Гурман. Воспитание вкуса | страница 24
Когда карета остановилась посреди мозаичного дворика, называемого патио, маленький Антуан вылез, оттолкнув подоспевшего лакея, помог сойти матери и, огибая суетившихся вокруг сундуков слуг, направился в палаццо. Из окна второго этажа за ним внимательно наблюдал старик. Шедшая позади Летиция заметила старика и, остановившись, почтительно поклонилась ему. Старик коротко кивнул в ответ и опустил гобелен, закрывавший широкое внутреннее окно.
Лакей проводил гостей в большой полутемный зал на первом этаже. Потолок зала был высоким, расписанным неизвестным мастером еще в прошлом веке. Что было изображено на потолке, Антуану разобрать не удалось, так как окна зала были тщательно занавешены. На стенах зала висели портреты мужчин рода Медичи. В углах грозными тенями мрачнели рыцарские доспехи ушедшей эпохи. Посреди зала стоял длинный стол, на котором лежало, покрытое саваном, тело отца Летиции в окружении длинных свечей. Рядом с телом на скамеечке сидел монах и читал молитвенник.
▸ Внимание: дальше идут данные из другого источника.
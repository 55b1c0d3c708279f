-- ===== src/Tokenizer/Segments.antt =====
-- The segments are the text, cut at its top-level bars.
use app_datasource_validator.Prelude.{
  ℕ, ◌≡◌, refl, ap, sym, ◌∙◌, inl, inr, subst, Bool-cases, true, false, Option, none, some, List,
  [], ◌∷◌, ◌++◌, append_assoc, append-nil, eqb, arith,
}
use app_datasource_validator.Text.{Text}
use app_datasource_validator.Tokenizer.{
  kind_of, bar, opening, Tokens, tokens, unbalanced_open, unbalanced_close, unterminated_quote,
  out_of_fuel, Scan, finish_with, in_quotes, split_top_level,
}
use app_datasource_validator.Tokenizer.Termination.{
  Scans, ends, quoted, opens_quote, not_closed, subsearch, bad_subsearch, not_open, ends_segment,
  plain, subsearch_shorter, split_top_level-Scans, is_error,
}

-- `"|".join(segments)`
abbrev pub join_bars : List Text → Text
join_bars [] = []
join_bars (seg ∷ []) = seg
join_bars (seg ∷ next ∷ segs) = seg ++ b'|' ∷ join_bars (next ∷ segs)

-- The text that the segments so far, the current one and the rest of the text make.
abbrev whole : Scan → Text → Text
whole s t = join_bars (s.segments ++ (s.current ++ t) ∷ [])

join-bar :
    (segs : List Text) (u t : Text)
    → join_bars ((segs ++ u ∷ []) ++ t ∷ []) ≡ join_bars (segs ++ (u ++ b'|' ∷ t) ∷ [])
join-bar [] u t = refl
join-bar (seg ∷ []) u t = refl
join-bar (seg ∷ next ∷ segs) u t = ap (λ v. seg ++ b'|' ∷ v) (join-bar (next ∷ segs) u t)

-- What is read goes from the rest of the text to the current segment.
whole-moved :
    (s : Scan) (cs t : Text)
    → join_bars (s.segments ++ ((s.current ++ cs) ++ t) ∷ []) ≡ whole s (cs ++ t)
whole-moved s cs t = ap (λ v. join_bars (s.segments ++ v ∷ [])) (append_assoc s.current cs t)

-- Each kind of character is that character.
opening-is : (c : ℕ) → kind_of c ≡ opening → c ≡ b'['
opening-is c e = ground (arith, e)

bar-is : (c : ℕ) → kind_of c ≡ bar → c ≡ b'|'
bar-is c e = ground (arith, e)

quoted-whole :
    (q c : ℕ) (t : Text) (s : Scan)
    → whole (in_quotes q c t s).0 (in_quotes q c t s).1 ≡ whole s (c ∷ t)
quoted-whole q c [] s = whole-moved s (c ∷ []) []
quoted-whole q c (d ∷ t) s = elim (Bool-cases (eqb c b'\\')) [
  | inl e ↦ rw e (whole-moved s (c ∷ d ∷ []) t)
  | inr e ↦ rw e (whole-moved s (c ∷ []) (d ∷ t))
]

subsearch-whole :
    (s : Scan) (c : ℕ) (t inner rest : Text)
    → c ≡ b'['
    → t ≡ inner ++ b']' ∷ rest
    → join_bars (s.segments ++ ((s.current ++ b'[' ∷ (inner ++ b']' ∷ [])) ++ rest) ∷ [])
      ≡ whole s (c ∷ t)
subsearch-whole s c t inner rest k w =
    rw (k, w)
      (whole-moved s (b'[' ∷ (inner ++ b']' ∷ [])) rest
        ∙ ap (λ v. whole s (b'[' ∷ v)) (append_assoc inner (b']' ∷ []) rest))

bar-whole :
    (s : Scan) (c : ℕ) (t : Text)
    → c ≡ b'|'
    → join_bars ((s.segments ++ s.current ∷ []) ++ t ∷ []) ≡ whole s (c ∷ t)
bar-whole s c t k = rw k (join-bar s.segments s.current t)

-- The segments of an answer, joined.
abbrev Joined : Tokens → Text → Type 0
Joined (tokens segs deeper) t = join_bars segs ≡ t
Joined error t = Unit

Joined-of_error : (r : Tokens) (t : Text) → is_error r ≡ true → Joined r t
Joined-of_error (tokens segs deeper) t h = absurd (no h)
  where
    no : false ≡ true → ⊥
    no e = cc
Joined-of_error unbalanced_open t h = tt
Joined-of_error unbalanced_close t h = tt
Joined-of_error unterminated_quote t h = tt
Joined-of_error out_of_fuel t h = tt

module _ (lower : Text → Text) where
  Joined-of : {s : Scan} {t : Text} {r : Tokens} → Scans lower s t r → Joined r (whole s t)
  Joined-of (ends {s}) = finished s.quote s
    where
      finished : (q : Option ℕ) (s : Scan) → Joined (finish_with q s) (whole s [])
      finished none s = ap (λ v. join_bars (s.segments ++ v ∷ [])) (sym (append-nil s.current))
      finished (some q) s = tt
  Joined-of (quoted {s} {q} {c} {t} {r} _ d) = subst (Joined r) (quoted-whole q c t s) (Joined-of d)
  Joined-of (opens_quote {s} {c} {t} {r} _ _ d) =
      subst (Joined r) (whole-moved s (c ∷ []) t) (Joined-of d)
  Joined-of (not_closed _ _ _) = tt
  Joined-of (subsearch {s} {c} {t} {inner} {rest} {r = r} _ k i _ d) =
      subst (Joined r)
        (subsearch-whole s c t inner rest (opening-is c k) (subsearch_shorter t inner rest i).0)
        (Joined-of d)
  Joined-of (bad_subsearch {e = e} _ _ _ err _) = Joined-of_error e _ err
  Joined-of (not_open _ _) = tt
  Joined-of (ends_segment {s} {c} {t} {r} _ k d) =
      subst (Joined r) (bar-whole s c t (bar-is c k)) (Joined-of d)
  Joined-of (plain {s} {c} {t} {r} _ _ d) =
      subst (Joined r) (whole-moved s (c ∷ []) t) (Joined-of d)

  -- Where the text is split, its segments joined by bars are the text: the splitting loses and moves
  -- no character, those of quoted strings and of subsearches included.
  pub join_bars-split :
      (text : Text) (segs deeper : List Text)
      → split_top_level lower text ≡ tokens segs deeper
      → join_bars segs ≡ text
  join_bars-split text segs deeper e =
      subst (λ r. Joined r text) e (Joined-of (split_top_level-Scans lower text).1)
Антуан, никогда прежде не видевший умершего, подошел к телу и осторожно принюхался. Его чуткий нос почувствовал запах распада. Антуан поморщился, ему было неприятно, но любопытство побороло брезгливость, и мальчик, подойдя к телу дедушки, взглянул в лицо.
– Фу, – четко произнес он и недовольно отвернулся.
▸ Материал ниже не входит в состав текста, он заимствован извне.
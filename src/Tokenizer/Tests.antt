-- ===== src/Tokenizer/Tests.antt =====
-- The tokenizer at concrete searches.
use app_datasource_validator.Prelude.{◌≡◌, refl, ◌≢◌, [], ◌∷◌}
use app_datasource_validator.Text.{Text, codes, ascii_lower}
use app_datasource_validator.Tokenizer.{
  tokens, unbalanced_open, unbalanced_close, unterminated_quote, out_of_fuel, start,
  split_top_level, tokenize_pipeline,
}
use app_datasource_validator.Tokenizer.Termination.{Scans, split_top_level-Scans}
use app_datasource_validator.Tokenizer.Segments.{join_bars, join_bars-split}

tokenizer_program : Unit {0}
unfolding split_top_level tokenize_pipeline ascii_lower
tokenizer_program = tt

abbrev nested : Text
nested = codes "search a | Append [search b | join [collect c]] | head 1"

-- The commands of subsearches at every depth are found.
nested_commands :
    tokenize_pipeline ascii_lower nested
    ≡ tokens (codes "search" ∷ codes "append" ∷ codes "head" ∷ []) (
        codes "search"
        ∷ codes "append"
        ∷ codes "head"
        ∷ codes "search"
        ∷ codes "join"
        ∷ codes "collect"
        ∷ [])
unfolding tokenizer_program
nested_commands = refl

bar_in_quotes :
    tokenize_pipeline ascii_lower (codes "search \"a | collect\" | stats count")
    ≡ tokens (codes "search" ∷ codes "stats" ∷ []) (codes "search" ∷ codes "stats" ∷ [])
unfolding tokenizer_program
bar_in_quotes = refl

unclosed : tokenize_pipeline ascii_lower (codes "append [search b") ≡ unbalanced_open
unfolding tokenizer_program
unclosed = refl

unopened : tokenize_pipeline ascii_lower (codes "a ] b") ≡ unbalanced_close
unfolding tokenizer_program
unopened = refl

open_string : tokenize_pipeline ascii_lower (codes "a \"b") ≡ unterminated_quote
unfolding tokenizer_program
open_string = refl

-- A command that is written up to its bracket keeps the bracket in its name.
glued_bracket :
    tokenize_pipeline ascii_lower (codes "search a | map[search b]")
    ≡ tokens
        (codes "search" ∷ codes "map[search" ∷ [])
        (codes "search" ∷ codes "map[search" ∷ codes "search" ∷ [])
unfolding tokenizer_program
glued_bracket = refl

split_top_level-Scans_example :
    (split_top_level ascii_lower nested ≢ out_of_fuel)
    × Scans ascii_lower start nested (split_top_level ascii_lower nested)
split_top_level-Scans_example = split_top_level-Scans ascii_lower nested

join_bars-split_example : join_bars (codes "a [b|c] " ∷ codes " d" ∷ []) ≡ codes "a [b|c] | d"
unfolding tokenizer_program
join_bars-split_example =
    join_bars-split ascii_lower (codes "a [b|c] | d") (codes "a [b|c] " ∷ codes " d" ∷ [])
      (codes "b" ∷ codes "c" ∷ []) refl
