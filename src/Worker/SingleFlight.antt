-- ===== src/Worker/SingleFlight.antt =====
-- Invocations of the worker: what they keep.
use app_datasource_validator.Prelude.{
  ℕ, String, Bool, Option, none, some, List, inl, inr, Bool-cases,
}
use app_datasource_validator.Text.{Text}
use app_datasource_validator.Json.{Json}
use app_datasource_validator.Exec.{rest_error, Result, ok, err}
use app_datasource_validator.Exec.Keeps.{Keeps, keeps_rules, Keeps-bind, Keeps-pure, Keeps-raise}
use app_datasource_validator.SplunkClient.{Reply, replied, failed, crashed, login}
use app_datasource_validator.Security.Credentials.{Credential}
use app_datasource_validator.Stores.{World, Stores, Action}
use app_datasource_validator.Stores.Settings
use app_datasource_validator.Executor.{SearchExecutor}
use app_datasource_validator.Controller.Tick.{run_tick}
use app_datasource_validator.Controller.SingleFlight.{AtMost}
use app_datasource_validator.Controller.SingleFlight.Ticks.{run_tick-AtMost}
use app_datasource_validator.App.{App, Platform, on_stores, service_credential}
use app_datasource_validator.Worker.{
  run_once, main, tick_as, signed_in, with_credential, exit_code, with_key, is_scheme,
  read_session_key,
}

-- What an action of the stores keeps, it keeps as a step of the program.
on_stores-Keeps :
    {A : Type 0} {P : Stores → Type 0} (m : Action A)
    → Keeps P m
    → Keeps (λ (s : App). P s.stores) (on_stores m)
unfolding on_stores
on_stores-Keeps m k = record { from = λ s h. k.from s.stores h }

get-Keeps : {P : Stores → Type 0} (id : String) (default : Json) → Keeps P (Settings.get id default)
unfolding Settings.get
get-Keeps id default = record { from = λ s h. h }

service_credential-Keeps : {P : App → Type 0} → Keeps P service_credential
unfolding service_credential
service_credential-Keeps = record { from = λ s h. h }

module _ (w : World) (p : Platform) (host : String) where
  abbrev InFlight : App → Type 0
  InFlight s = AtMost 1 s.stores

  setting-Keeps :
      (id : String) (default : Json) → Keeps InFlight (on_stores (Settings.get id default))
  setting-Keeps id default =
      on_stores-Keeps {P = AtMost 1} (Settings.get id default) (get-Keeps id default)

  tick-Keeps :
      (x : SearchExecutor) (timeout ttl : ℕ) (is_admin : Bool)
      → Keeps InFlight (on_stores (run_tick w x timeout host ttl is_admin))
  tick-Keeps x timeout ttl is_admin =
      on_stores-Keeps {P = AtMost 1} (run_tick w x timeout host ttl is_admin)
        (run_tick-AtMost w x timeout is_admin host ttl)

  tick_as-Keeps : (key : Json) → Keeps InFlight (tick_as w p host key)
  unfolding tick_as
  tick_as-Keeps key = search (keeps_rules, setting-Keeps, tick-Keeps) depth 12

  signed_in-Keeps : (r : Reply Json) → Keeps InFlight (signed_in w p host r)
  signed_in-Keeps (replied key) = tick_as-Keeps key
  signed_in-Keeps (failed status) = Keeps-pure tt
  signed_in-Keeps crashed = Keeps-raise rest_error

  credential-Keeps : (c : Option Credential) → Keeps InFlight (with_credential w p host c)
  credential-Keeps none = Keeps-pure tt
  credential-Keeps (some c) = signed_in-Keeps (login p.server c.username c.clear_password)

  run_once-Keeps : Keeps InFlight (run_once w p host)
  unfolding run_once
  run_once-Keeps = Keeps-bind _ _ service_credential-Keeps credential-Keeps

  exit_code-Keeps :
      (r : Result (Unit {0}) × App) → AtMost 1 r.1.stores → AtMost 1 (exit_code w p host r).1.stores
  exit_code-Keeps (ok _, s) h = h
  exit_code-Keeps (err _, s) h = h

  with_key-Keeps :
      (k : Result Text) (s : App) → AtMost 1 s.stores → AtMost 1 (with_key w p host k s).1.stores
  with_key-Keeps (err e) s h = h
  with_key-Keeps (ok key) s h = exit_code-Keeps (run_once w p host s) (run_once-Keeps.from s h)

  -- Single flight over whole invocations of the worker: if at most one queue item is RUNNING before
  -- one, then at most one is after it, whatever its arguments and its input, the settings and the
  -- server are, and whether it exits with 0 or 1.
  pub main-AtMost :
      (element : Text → Result (Option Text)) (argv : List String) (stdin : Text) (s : App)
      → AtMost 1 s.stores
      → AtMost 1 (main w p host element argv stdin s).1.stores
  unfolding main
  main-AtMost element argv stdin s h = elim (Bool-cases (is_scheme argv)) [
    | inl scheme ↦ rw scheme h
    | inr tick ↦ rw tick (with_key-Keeps (read_session_key element stdin) s h)
  ]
Антуан предполагал увидеть застывшую маску страха, какие часто видел у преступников во время казни, но лицо деда изображало лишь безмятежную отчужденность. Малыш отметил, что оно удивительно походило на огромные круглые корни, которые иногда выкапывали вместо трюфелей собаки Франсуа Нуаре, такое же бледно-желтое и морщинистое.
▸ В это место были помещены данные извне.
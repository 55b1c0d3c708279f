-- ===== src/Worker/Tests.antt =====
-- Invocations of the worker at concrete states.
use app_datasource_validator.Prelude.{◌≡◌, refl, String, Option, some, List, [], ◌∷◌, arith}
use app_datasource_validator.Text.{Text, codes, ascii_lower}
use app_datasource_validator.Exec.{Result, ok}
use app_datasource_validator.Controller.Tick.{run_tick}
use app_datasource_validator.Controller.SingleFlight.{AtMost}
use app_datasource_validator.Kv.{find, replace, docs}
use app_datasource_validator.App.Samples.{world, closed_platform, open_platform, account, app_with}
use app_datasource_validator.Worker.{main, read_session_key}
use app_datasource_validator.Worker.SingleFlight.{main-AtMost}

worker_program : Unit {0}
unfolding main read_session_key run_tick find replace docs ascii_lower
worker_program = tt

-- Every input has a session key.
abbrev element : Text → Result (Option Text)
element t = ok (some t)

abbrev argv : List String
argv = "dsv_validation_worker.py" ∷ []

abbrev input : Text
input = codes "key"

-- Another search head holds the lease.
waits : (main world open_platform "sh2" element argv input (app_with (account ∷ []))).0 ≡ 0
unfolding worker_program
waits = refl

-- The server refuses the login.
does_nothing :
    main world closed_platform "sh1" element argv input (app_with (account ∷ []))
    ≡ (0, app_with (account ∷ []))
unfolding worker_program
does_nothing = refl

main-AtMost_example :
    AtMost 1 (main world open_platform "sh1" element argv input (app_with (account ∷ []))).1.stores
unfolding worker_program
main-AtMost_example =
    main-AtMost world open_platform "sh1" element argv input (app_with (account ∷ []))
      (record { bound = omega arith })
Умерший и уже начавший разлагаться человек не понравился Антуану, пусть даже он и был его дедом по материнской линии.
Лакей отвел мальчика в отдельную комнату, где ему была постелена кровать. Антуан лег в нее и тут же заснул спокойным ровным сном, как он обычно спал в родовом замке во Франции, точно так же, как он уснул после того, как маркиз впервые показал сыну казнь. Ничто не обременяло души маленького Антуана, когда голова его касалась подушки, а сны не были тревожными и кошмарными. Малыш не помнил их, когда просыпался.
– Доброе утро, senor, – было первое, что услышал Антуан, когда проснулся.
Над ним склонилось лицо лакея с подобострастным выражением.
– Кто ты?
– Я ваш слуга, senor, я помогу вам одеться. Вас ждет двоюродный прадедушка, монсеньор Антонио Медичи.
Вместо дорожной одежды, которую Антуан сбросил с себя на пол, слуга держал в руках богато убранный малиновый камзольчик с множеством оборок и бантов на рукавах, того же цвета панталончики и белоснежную рубашку тончайшего шелка. Антуан оделся, позволил причесать себя и подошел к высокому зеркалу, стоявшему у стены. В зеркале на него смотрел серьезный мальчик пяти лет, удивительно красивый. Лицо обрамляли длинные, тщательно расчесанные и уложенные волосы цвета соломы, а главным украшением лица были огромные глаза, в которых запечатлелась синева неба над виноградниками в ясный день. Эти глаза строго и придирчиво оглядели отражение, Антуан поправил криво сидевший на плече бант и велел слуге отвести его к прадеду.